14 days?! I think it was only 7 when I deleted mine. They're really pushing to keep you on it huh.



Ebony said:


> I only have one facebook-account. No friends, no "friends" and no bullshit. I use it to keep up to date on concert-venues and gear-related stuff. But I use it less then I intended to (3-5 minutes a day) because of the constant ad-littering in between relevant posts.



This is mine at the moment. I haven't liked any pages, I've just joined the relevant interest groups so my feed is actually relevent and interesting.
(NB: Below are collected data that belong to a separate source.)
-- ===== src/SqlText/Splitter/Structured.antt =====
-- crates/sql-text/src/splitter.rs: `scan_header` and `scan_structured`, whose loop body is one step.
-- `depth` is only lessened where it is not 0, so it is a natural number.
use reldex.Base.Int.{ℤ, pos, leb_ℤ}
use reldex.Base.{
  ℕ, zero, suc, ◌+◌, ◌-◌, Bool, true, false, not, ◌&&◌, ◌||◌, Option, none, some, List, [], ◌∷◌,
  length, drop, get_elem?, any, ltb, ◌==◌, if◌then◌else◌,
}
use reldex.Text.{Text, eq_ignore_ascii_case}
use reldex.SqlText.Dialect.{SqlDialect, BlockStarter, has_word}
use reldex.SqlText.Token.{Token}
use reldex.SqlText.Splitter.Span.{
  block, ScanOutcome, is_operator, is_word, token_text, is_terminator, skip_trivial,
}
use reldex.SqlText.Splitter.Phrases.{peek_phrase_matches, ends_with_phrase}
use reldex.SqlText.Splitter.Slash.{ran_to_eof, end_at_slash_line}
use reldex.SqlText.Splitter.Scans.{
  is_slash, is_paren, paren_depth_after, scan_to_terminator, skip_end_qualifier, finish_structured,
}

-- Where a header's scan resumes, and whether it owes a body.
pub record Header : Type 0 where
  pub resume : ℕ
  pub owes_body : Bool

-- What `scan_structured` keeps from token to token.
pub record Structure : Type 0 where
  pub depth : ℕ
  pub pending_bodies : ℕ
  pub absorbed_body : Bool
  pub is_compound : Bool
  pub paren_depth : ℤ

-- The loop goes on at an index, or returns.
pub data Step : Type 0 where
  go : ℕ → Structure → Step
  done : ScanOutcome → Step

abbrev pub initial_structure : BlockStarter → Structure
initial_structure starter = record {
  depth = 0;
  pending_bodies = 0;
  absorbed_body = starter.opens_body;
  is_compound = false;
  paren_depth = pos 0;
}

module _ (d : SqlDialect) (tokens : List Token) (text : Text) where
  -- A word at index `i` that introduces a body, and completes no excepted phrase.
  unfoldable pub introduces_body : ℕ → Text → Bool
  introduces_body i word =
      has_word d.body_intro_keywords word
      && not (any (λ phrase. ends_with_phrase tokens text i phrase) d.body_intro_exceptions)

  unfoldable pub is_call_spec : ℕ → Bool
  is_call_spec after =
      any (λ phrase. peek_phrase_matches tokens text after phrase) d.call_spec_phrases

  -- The index behind the next terminator.
  unfoldable pub after_terminator_from : ℕ → List Token → ℕ
  after_terminator_from j [] = length tokens
  after_terminator_from j (t ∷ rest) =
      if is_terminator d text t then j + 1 else after_terminator_from (j + 1) rest

  -- Behind the word that introduces a header's body.
  unfoldable pub header_body : ℕ → Header
  unfolding is_call_spec after_terminator_from
  header_body i =
      let after = skip_trivial tokens (i + 1) in
      if is_call_spec after
      then record { resume = after_terminator_from after (drop after tokens); owes_body = false }
      else record { resume = i + 1; owes_body = true }

  unfoldable pub scan_header_from : ℕ → List Token → ℤ → Header
  unfolding introduces_body header_body
  scan_header_from i [] depth = record { resume = length tokens; owes_body = false }
  scan_header_from i (t ∷ rest) depth =
      let depth_after = if is_operator t.kind then paren_depth_after text t depth else depth in
      let later = scan_header_from (i + 1) rest depth_after in
      if is_operator t.kind
      then if not (is_paren text t) && (leb_ℤ depth (pos 0) && is_terminator d text t)
        then record { resume = i + 1; owes_body = false }
        else later
      else if leb_ℤ depth (pos 0) && is_word t.kind && introduces_body i (token_text text t)
      then header_body i
      else later

  unfoldable pub scan_header : ℕ → Header
  unfolding scan_header_from
  scan_header start = scan_header_from start (drop start tokens) (pos 0)

  abbrev pub compound_at : ℕ → Structure → Bool
  compound_at i st = st.is_compound || elim d.sectioned_body_marker [
    | none ↦ false
    | some marker ↦ peek_phrase_matches tokens text i marker
  ]

  -- No body was opened, and none is owed.
  abbrev pub awaits_body : Structure → Bool
  awaits_body st = st.depth == 0 && st.pending_bodies == 0 && not st.absorbed_body

  abbrev pub is_header_word : Structure → Text → Bool
  is_header_word st word =
      has_word d.subprogram_header_keywords word
      || (st.is_compound && has_word d.section_header_starters word)

  -- `block_body_opener` and `block_nesting_openers`.
  unfoldable pub open_block : Structure → Text → Structure
  open_block st word =
      if eq_ignore_ascii_case word d.block_body_opener
      then if ltb 0 st.pending_bodies && st.depth == 0
        then record st { pending_bodies = st.pending_bodies - 1; depth = st.depth + 1 }
        else if st.depth == 0 && not st.absorbed_body
        then record st { absorbed_body = true }
        else record st { depth = st.depth + 1 }
      else if has_word d.block_nesting_openers word
      then record st { depth = st.depth + 1 }
      else st

  unfoldable pub end_block : ℕ → Structure → Step
  end_block i st =
      if st.depth == 0
      then done (finish_structured d tokens text i)
      else go (skip_end_qualifier d tokens text (i + 1)) (record st { depth = st.depth - 1 })

  unfoldable pub header_step : ℕ → Structure → Step
  unfolding scan_header
  header_step i st =
      let header = scan_header (i + 1) in
      go header.resume
        (if header.owes_body then record st { pending_bodies = st.pending_bodies + 1 } else st)

  -- A word outside parentheses.
  unfoldable pub word_step : ℕ → ℕ → Structure → Text → Step
  unfolding introduces_body is_call_spec open_block end_block header_step
  word_step content_start i st word =
      let after = skip_trivial tokens (i + 1) in
      if awaits_body st && has_word d.body_less_markers word
      then done (scan_to_terminator d tokens text (i + 1) content_start)
      else if awaits_body st && introduces_body i word && is_call_spec after
      then done (scan_to_terminator d tokens text after content_start)
      else if is_header_word st word
      then header_step i st
      else if eq_ignore_ascii_case word d.block_end_keyword
      then end_block i st
      else go (i + 1) (open_block st word)

  -- The body of the loop.
  unfoldable pub structured_step : ℕ → ℕ → Structure → Token → Step
  unfolding word_step
  structured_step content_start i st t =
      if d.slash_terminates_block && is_slash text t
      then done (end_at_slash_line text t block (i + 1) content_start)
      else if is_operator t.kind
      then go (i + 1) (record st { paren_depth = paren_depth_after text t st.paren_depth })
      else if not (is_word t.kind) || not (leb_ℤ st.paren_depth (pos 0))
      then go (i + 1) st
      else word_step content_start i (record st { is_compound = compound_at i st })
          (token_text text t)

  -- The loop, on fuel.
  unfoldable pub structured_loop : ℕ → ℕ → ℕ → Structure → Option ScanOutcome
  unfolding structured_step
  structured_loop zero content_start i st = none
  structured_loop (suc fuel) content_start i st = elim (get_elem? tokens i) [
    | none ↦ some (ran_to_eof tokens text block)
    | some t ↦ elim (structured_step content_start i st t) [
      | done outcome ↦ some outcome
      | go next_i st' ↦ structured_loop fuel content_start next_i st'
    ]
  ]

  unfoldable pub scan_structured : BlockStarter → ℕ → ℕ → Option ScanOutcome
  unfolding structured_loop
  scan_structured starter start content_start =
      structured_loop (suc (length tokens)) content_start start (initial_structure starter)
I only really check it once a week, or if I have a particular issue/problem with a bit of gear that the user group for that gear might have a solution for.


----------



## marcwormjim (Jan 29, 2018)

I use Facebook to source a lot of news concerning world events and other subjects that validate me as an adult who shares the same social media pastime that millions of children have.


----------



## lurè (Jan 30, 2018)

I've deleted my account 6 months ago basically to mantain my mental health.
I've tried to create a new account just to keep in touch with some friends and doing some band promotion/events/gigs exc...
Facebook has disabled my new account after 5 minutes. 
I've tried several times to contact them, including multiple forms filling with pics of my face and ID card scans.
Weeks have passed but still no response.
Maybe it's better this way.


----------